**What you have to do**
Below this sentence is a listing; return exactly its lines from the one with "pub record SessionLock : Type 0 where" to the one with "(callers m (before ++ outside", both kept, and nothing more.

□ □ □ □ □ □ □

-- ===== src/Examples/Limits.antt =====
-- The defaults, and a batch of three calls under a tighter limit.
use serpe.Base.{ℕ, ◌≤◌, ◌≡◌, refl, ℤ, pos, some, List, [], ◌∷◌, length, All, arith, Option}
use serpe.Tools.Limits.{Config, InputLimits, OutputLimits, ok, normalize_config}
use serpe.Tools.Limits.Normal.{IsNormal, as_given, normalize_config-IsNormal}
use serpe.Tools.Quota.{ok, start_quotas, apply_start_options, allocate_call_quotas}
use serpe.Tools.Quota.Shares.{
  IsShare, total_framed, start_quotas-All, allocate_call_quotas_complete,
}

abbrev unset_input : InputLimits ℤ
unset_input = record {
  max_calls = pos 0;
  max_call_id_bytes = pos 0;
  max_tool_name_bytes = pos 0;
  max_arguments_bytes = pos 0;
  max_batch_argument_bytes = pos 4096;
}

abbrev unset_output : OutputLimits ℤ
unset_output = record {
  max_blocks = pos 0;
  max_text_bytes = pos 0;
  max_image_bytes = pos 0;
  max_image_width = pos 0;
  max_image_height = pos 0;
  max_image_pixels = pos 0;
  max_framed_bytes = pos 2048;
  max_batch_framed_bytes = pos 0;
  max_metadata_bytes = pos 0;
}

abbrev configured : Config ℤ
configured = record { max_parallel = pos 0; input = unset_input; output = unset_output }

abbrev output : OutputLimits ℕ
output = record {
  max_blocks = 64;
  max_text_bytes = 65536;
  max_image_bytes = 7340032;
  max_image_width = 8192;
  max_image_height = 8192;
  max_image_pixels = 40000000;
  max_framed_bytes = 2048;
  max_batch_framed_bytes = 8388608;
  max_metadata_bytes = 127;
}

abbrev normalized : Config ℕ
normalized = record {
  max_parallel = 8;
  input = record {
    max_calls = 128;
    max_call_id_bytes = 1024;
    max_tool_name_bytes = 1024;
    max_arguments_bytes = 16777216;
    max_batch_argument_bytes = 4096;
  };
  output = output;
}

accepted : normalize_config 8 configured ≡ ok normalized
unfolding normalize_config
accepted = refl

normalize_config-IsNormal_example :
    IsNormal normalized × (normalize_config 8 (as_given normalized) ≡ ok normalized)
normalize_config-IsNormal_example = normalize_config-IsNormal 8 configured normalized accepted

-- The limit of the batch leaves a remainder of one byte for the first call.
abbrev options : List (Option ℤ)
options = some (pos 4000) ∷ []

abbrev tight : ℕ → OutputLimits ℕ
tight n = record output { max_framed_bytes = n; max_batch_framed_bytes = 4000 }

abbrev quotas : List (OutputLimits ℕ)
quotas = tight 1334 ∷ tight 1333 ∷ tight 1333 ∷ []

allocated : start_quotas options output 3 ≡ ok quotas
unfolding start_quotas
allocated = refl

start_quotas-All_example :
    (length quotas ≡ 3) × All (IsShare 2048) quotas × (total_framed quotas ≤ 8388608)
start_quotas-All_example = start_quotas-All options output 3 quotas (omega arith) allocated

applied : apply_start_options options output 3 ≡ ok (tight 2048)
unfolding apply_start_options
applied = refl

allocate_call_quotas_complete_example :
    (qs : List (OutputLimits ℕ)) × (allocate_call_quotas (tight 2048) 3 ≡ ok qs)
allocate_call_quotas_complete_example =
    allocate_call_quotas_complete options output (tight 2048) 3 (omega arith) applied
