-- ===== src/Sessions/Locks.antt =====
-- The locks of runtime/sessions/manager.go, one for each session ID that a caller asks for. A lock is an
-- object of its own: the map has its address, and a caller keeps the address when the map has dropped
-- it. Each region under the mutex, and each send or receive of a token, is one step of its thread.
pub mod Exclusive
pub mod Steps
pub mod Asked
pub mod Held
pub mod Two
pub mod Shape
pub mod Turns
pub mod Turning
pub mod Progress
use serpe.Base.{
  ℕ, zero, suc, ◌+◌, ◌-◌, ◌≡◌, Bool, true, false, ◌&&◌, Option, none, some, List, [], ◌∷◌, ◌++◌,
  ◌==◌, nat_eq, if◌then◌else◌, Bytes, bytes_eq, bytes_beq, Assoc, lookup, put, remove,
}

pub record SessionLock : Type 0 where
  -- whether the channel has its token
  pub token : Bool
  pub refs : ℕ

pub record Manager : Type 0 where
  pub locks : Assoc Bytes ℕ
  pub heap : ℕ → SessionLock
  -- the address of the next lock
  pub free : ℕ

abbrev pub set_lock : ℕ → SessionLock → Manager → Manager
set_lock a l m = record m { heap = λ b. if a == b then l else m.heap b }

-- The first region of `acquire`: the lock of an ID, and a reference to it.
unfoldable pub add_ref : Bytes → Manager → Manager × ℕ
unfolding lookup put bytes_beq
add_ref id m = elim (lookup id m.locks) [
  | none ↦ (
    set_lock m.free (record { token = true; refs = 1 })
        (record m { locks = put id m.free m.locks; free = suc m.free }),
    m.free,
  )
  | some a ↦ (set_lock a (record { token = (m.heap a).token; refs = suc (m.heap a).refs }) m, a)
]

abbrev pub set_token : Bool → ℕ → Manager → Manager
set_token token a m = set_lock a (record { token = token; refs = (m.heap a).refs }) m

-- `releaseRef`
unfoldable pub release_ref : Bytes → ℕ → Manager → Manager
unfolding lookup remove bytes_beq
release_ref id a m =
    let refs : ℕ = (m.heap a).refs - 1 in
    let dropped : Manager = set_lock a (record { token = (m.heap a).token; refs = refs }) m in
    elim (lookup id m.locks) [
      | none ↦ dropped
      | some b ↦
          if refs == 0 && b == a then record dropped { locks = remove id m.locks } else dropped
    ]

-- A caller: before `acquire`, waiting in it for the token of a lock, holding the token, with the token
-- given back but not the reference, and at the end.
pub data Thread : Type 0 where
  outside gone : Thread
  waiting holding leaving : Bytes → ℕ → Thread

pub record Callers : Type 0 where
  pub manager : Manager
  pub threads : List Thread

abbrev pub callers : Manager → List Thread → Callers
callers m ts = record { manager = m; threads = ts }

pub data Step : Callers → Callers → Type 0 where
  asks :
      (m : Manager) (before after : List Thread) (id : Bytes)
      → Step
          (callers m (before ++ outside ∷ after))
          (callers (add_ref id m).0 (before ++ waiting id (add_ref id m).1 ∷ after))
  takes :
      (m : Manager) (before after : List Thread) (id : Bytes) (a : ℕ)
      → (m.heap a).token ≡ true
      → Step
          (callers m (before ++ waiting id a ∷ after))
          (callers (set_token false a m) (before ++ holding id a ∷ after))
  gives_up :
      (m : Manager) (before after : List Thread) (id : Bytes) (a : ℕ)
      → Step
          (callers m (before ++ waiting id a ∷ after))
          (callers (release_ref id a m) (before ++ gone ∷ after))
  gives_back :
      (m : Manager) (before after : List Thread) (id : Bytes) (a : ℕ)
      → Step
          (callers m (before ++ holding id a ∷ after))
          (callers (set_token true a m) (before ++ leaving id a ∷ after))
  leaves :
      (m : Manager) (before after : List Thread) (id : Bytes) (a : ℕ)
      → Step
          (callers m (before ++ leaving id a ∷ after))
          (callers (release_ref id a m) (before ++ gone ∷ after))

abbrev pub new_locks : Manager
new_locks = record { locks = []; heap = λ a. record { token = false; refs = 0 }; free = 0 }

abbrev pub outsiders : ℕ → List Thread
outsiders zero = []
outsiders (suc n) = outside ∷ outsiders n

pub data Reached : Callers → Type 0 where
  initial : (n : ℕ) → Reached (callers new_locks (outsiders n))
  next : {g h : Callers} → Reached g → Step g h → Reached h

□ □ □ □ □ □ □

**Exercise answer**
pub record SessionLock : Type 0 where
  -- whether the channel has its token
  pub token : Bool
  pub refs : ℕ

pub record Manager : Type 0 where
  pub locks : Assoc Bytes ℕ
  pub heap : ℕ → SessionLock
  -- the address of the next lock
  pub free : ℕ

abbrev pub set_lock : ℕ → SessionLock → Manager → Manager
set_lock a l m = record m { heap = λ b. if a == b then l else m.heap b }

-- The first region of `acquire`: the lock of an ID, and a reference to it.
unfoldable pub add_ref : Bytes → Manager → Manager × ℕ
unfolding lookup put bytes_beq
add_ref id m = elim (lookup id m.locks) [
  | none ↦ (
    set_lock m.free (record { token = true; refs = 1 })
        (record m { locks = put id m.free m.locks; free = suc m.free }),
    m.free,
  )
  | some a ↦ (set_lock a (record { token = (m.heap a).token; refs = suc (m.heap a).refs }) m, a)
]

abbrev pub set_token : Bool → ℕ → Manager → Manager
set_token token a m = set_lock a (record { token = token; refs = (m.heap a).refs }) m

-- `releaseRef`
unfoldable pub release_ref : Bytes → ℕ → Manager → Manager
unfolding lookup remove bytes_beq
release_ref id a m =
    let refs : ℕ = (m.heap a).refs - 1 in
    let dropped : Manager = set_lock a (record { token = (m.heap a).token; refs = refs }) m in
    elim (lookup id m.locks) [
      | none ↦ dropped
      | some b ↦
          if refs == 0 && b == a then record dropped { locks = remove id m.locks } else dropped
    ]

-- A caller: before `acquire`, waiting in it for the token of a lock, holding the token, with the token
-- given back but not the reference, and at the end.
pub data Thread : Type 0 where
  outside gone : Thread
  waiting holding leaving : Bytes → ℕ → Thread

pub record Callers : Type 0 where
  pub manager : Manager
  pub threads : List Thread

abbrev pub callers : Manager → List Thread → Callers
callers m ts = record { manager = m; threads = ts }

pub data Step : Callers → Callers → Type 0 where
  asks :
      (m : Manager) (before after : List Thread) (id : Bytes)
      → Step
          (callers m (before ++ outside ∷ after))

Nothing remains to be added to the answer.